Yorkshire's talented all-rounder, who is likely to emerge one way or another as a key figure in today's Benson and Hedges Super Cup final against Gloucestershire, might at this stage have been lost to cricket too had his Lancastrian father, who played at a good club standard with Sidcup, not introduced him to West Lothian.
There his natural ability stood out. On the recommendation of the umpire Jack van Geloven he was offered trials at the Yorkshire Academy and thereafter has not looked back. Yorkshire's investment has paid off handsomely. Last season brought almost 100 wickets - 59 of them first-class - more than 750 runs and close consideration for England's World Cup squad, the missing of which was more than compensated when Scotland picked him.
The experience, he says, set him up nicely for a season which might be coming to a peak at precisely the right moment as Yorkshire attempt to secure their first major trophy for 12 years.
"To be playing against - and genuinely competing with - some of the best players in the world was a fantastic experience and to have played well personally meant I was able to come out of it into the domestic season feeling very confident," Hamilton said.
"You play against international cricketers for your county but it is different to be facing one high-class bowler after another. I can tell you, against Pakistan, with Shoaib Ahktar at one end I'd never been so keen to be facing Wasim Akram."
Hamilton's 76 against Pakistan was the outstanding performance of Scotland's campaign, although he regards himself still as a bowler who bats. "My batting has come on a step further but I'm happy to be seen as a bowling all-rounder. I'm up to seven in the order. Number six would be perfect but I'm comfortable where I am."
For all that he relished the atmosphere in Scotland's dressing room, his ambitions are fixed firmly on breaking into the England side, which is why he will have personal, as well as team, goals at Lord's today. And he goes there as part of a team brimful of confidence after last Wednesday's comprehensive defeat of their fiercest rivals, Lancashire, in the NatWest Trophy quarter-finals.
"That was as well as we have played for a long time and it did us a world of good," he said. "We were due a win against Lancashire and to have played a game like that in such an atmosphere, with the crowd behind us all the time, was just what we needed.

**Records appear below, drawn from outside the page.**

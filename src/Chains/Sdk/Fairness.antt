-- ===== src/Chains/Sdk/Fairness.antt =====
-- Calls of `Select` of `chains/chain.go`, one after another, between two rounds of polling.
use bridge_common.Prelude.{
  ℕ, zero, suc, ◌+◌, ◌-◌, ◌%◌, ◌≤◌, ◌<◌, ◌≡◌, refl, sym, ap, ◌∙◌, true, false, Option, none, some,
  length, get_elem?, get_elem?-lt-length, dec_lt, ℕ_discrete, arith,
}
use native.Mathlib.Nat.{mod-eq_of_lt, mod-eq-sub-mod, mod-add-mod}
use bridge_common.Chains.Sdk.{ChainSdk, select}
use bridge_common.Chains.Sdk.RoundRobin.{Found, select_lem, offset}

-- How far ahead a place is.
ahead :
    (len cursor j : ℕ) → cursor < len → j < len → (m : ℕ) × (m < len) × ((cursor + 1 + m) % len ≡ j)
ahead len cursor j h l = elim (ℕ_discrete j cursor) [
  | yes same ↦ (
    len - 1,
    omega arith,
    mod-eq-sub-mod {n = cursor + 1 + (len - 1)} {m = len} (omega arith)
        ∙ ap (λ k. k % len) {y = j} (omega arith)
        ∙ mod-eq_of_lt l,
  )
  | no away ↦ let (m, few, at) = offset len cursor j h l away in (m, omega arith, at)
]

module _ {N : Type 0} where
  -- The state after so many calls of `Select`.
  unfoldable pub selects : ℕ → ChainSdk N → Option (ChainSdk N)
  selects zero s = some s
  selects (suc k) s = elim (select s) [ none ↦ none | some (c, s') ↦ selects k s' ]

  -- The call after `k` others returns `j`.
  pub record Returns (s : ChainSdk N) (j k : ℕ) : Type 0 where
    pub before : ChainSdk N
    pub after : ChainSdk N
    pub calls : selects k s ≡ some before
    pub returns : select before ≡ some (j, after)

  Returns-suc :
      (s s' : ChainSdk N) (c j k : ℕ)
      → select s ≡ some (c, s')
      → Returns s' j k
      → Returns s j (suc k)
  unfolding selects
  Returns-suc s s' c j k e w = record {
    before = w.before;
    after = w.after;
    calls = ground (arith, e, w.calls);
    returns = w.returns;
  }

  -- An eligible place is not skipped.
  not_past :
      (s : ChainSdk N) (j m c : ℕ)
      → get_elem? s.state j ≡ some true
      → (s.cursor + 1 + m) % length s.nodes ≡ j
      → (w : Found s.state
          (length s.nodes)
          (s.cursor % length s.nodes)
          (s.cursor + 1)
          (length s.nodes - 1)
          c)
      → w.steps ≤ m
  not_past s j m c good at w = elim (dec_lt m w.steps) [
    | no few ↦ omega arith
    | yes past ↦
        let bad = (w.skips m past).1 in
        let skipped : get_elem? s.state j ≡ some false = ap (get_elem? s.state) (sym at) ∙ bad in
        cc (sym good ∙ skipped)
  ]

  reaches :
      (fuel m j : ℕ) (s : ChainSdk N)
      → m < fuel
      → 0 < length s.nodes
      → length s.state ≡ length s.nodes
      → get_elem? s.state j ≡ some true
      → (s.cursor + 1 + m) % length s.nodes ≡ j
      → (k : ℕ) × (k ≤ m) × Returns s j k
  unfolding selects
  reaches zero m j s h pos flags good at = absurd (omega arith)
  reaches (suc fuel) m j s h pos flags good at =
      let len = length s.nodes in
      let (c, found, w) = select_lem s pos flags in
      let few = not_past s j m c good at w in
      elim (dec_lt w.steps m) [
        | yes more ↦
            let left = m - w.steps - 1 in
            let onward : (c + 1 + left) % len ≡ j =
              ap (λ x. x % len) {x = c + 1 + left} {y = c + (1 + left)} (omega arith)
              ∙ ap (λ y. (y + (1 + left)) % len) w.place
              ∙ mod-add-mod (s.cursor + 1 + w.steps) len (1 + left)
              ∙ ap (λ x. x % len) (omega arith)
              ∙ at in
            let (k, l, r) =
              reaches fuel left j (record s { cursor = c }) (omega arith) pos flags good onward in
            (suc k, omega arith, Returns-suc s (record s { cursor = c }) c j k found r)
        | no all ↦
            let same : c ≡ j = w.place ∙ ap (λ k. (s.cursor + 1 + k) % len) (omega arith) ∙ at in
            (
              0,
              omega arith,
              record {
                before = s;
                after = record s { cursor = c };
                calls = refl;
                returns = found ∙ ap (λ k. some (k, record s { cursor = c })) same;
              },
            )
      ]

  -- No eligible node starves: as long as the flags stay, one of the next calls of `Select`, as many as
  -- there are nodes, returns it.
  pub select-Returns :
      (s : ChainSdk N) (j : ℕ)
      → length s.state ≡ length s.nodes
      → s.cursor < length s.nodes
      → get_elem? s.state j ≡ some true
      → (k : ℕ) × (k < length s.nodes) × Returns s j k
  select-Returns s j flags inside good =
      let in_range : j < length s.nodes = omega (arith, get_elem?-lt-length s.state j good) in
      let (m, few, at) = ahead (length s.nodes) s.cursor j inside in_range in
      let (k, l, r) = reaches (suc m) m j s (omega arith) (omega arith) flags good at in
      (k, omega arith, r)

"Domestic games do not come any bigger than Yorkshire against Lancashire in a one-day knock-out and it was just about the perfect warm-up for Lord's. If we play as well as we did at Old Trafford I cannot see us losing. This has been the biggest week of my life for Yorkshire. I want to be successful both with Yorkshire and for myself."
Confident though he is, however, of overcoming a Gloucestershire side whom everyone outside Bristol regards as underdogs, Hamilton remains aware that Yorkshire have underachieved to the extent that at times their big- match temperament has been questioned. "We know, in ourselves, that we should be winning trophies. We should be winning one and maybe two trophies a year with the talent we have in this squad, but there is only one player in the team who has been to a Lord's final.
"But we proved we could be cool under pressure in front of a big crowd at Old Trafford and while there will be some nerves before the match we believe we can win." Hamilton played a key role at Old Trafford with some tight bowling and 24 late runs as Yorkshire amassed a total that proved just too daunting for Lancashire.
Although he has yet to capture the headlines to quite the same extent as last season, which reached a peak when he took 7 for 50 against Surrey at Headingley, he believes he is matching his high standards. "I may not have taken a seven-for this season but I'm getting three-fors and four- fors. You can always improve but overall I'm pretty happy with my form."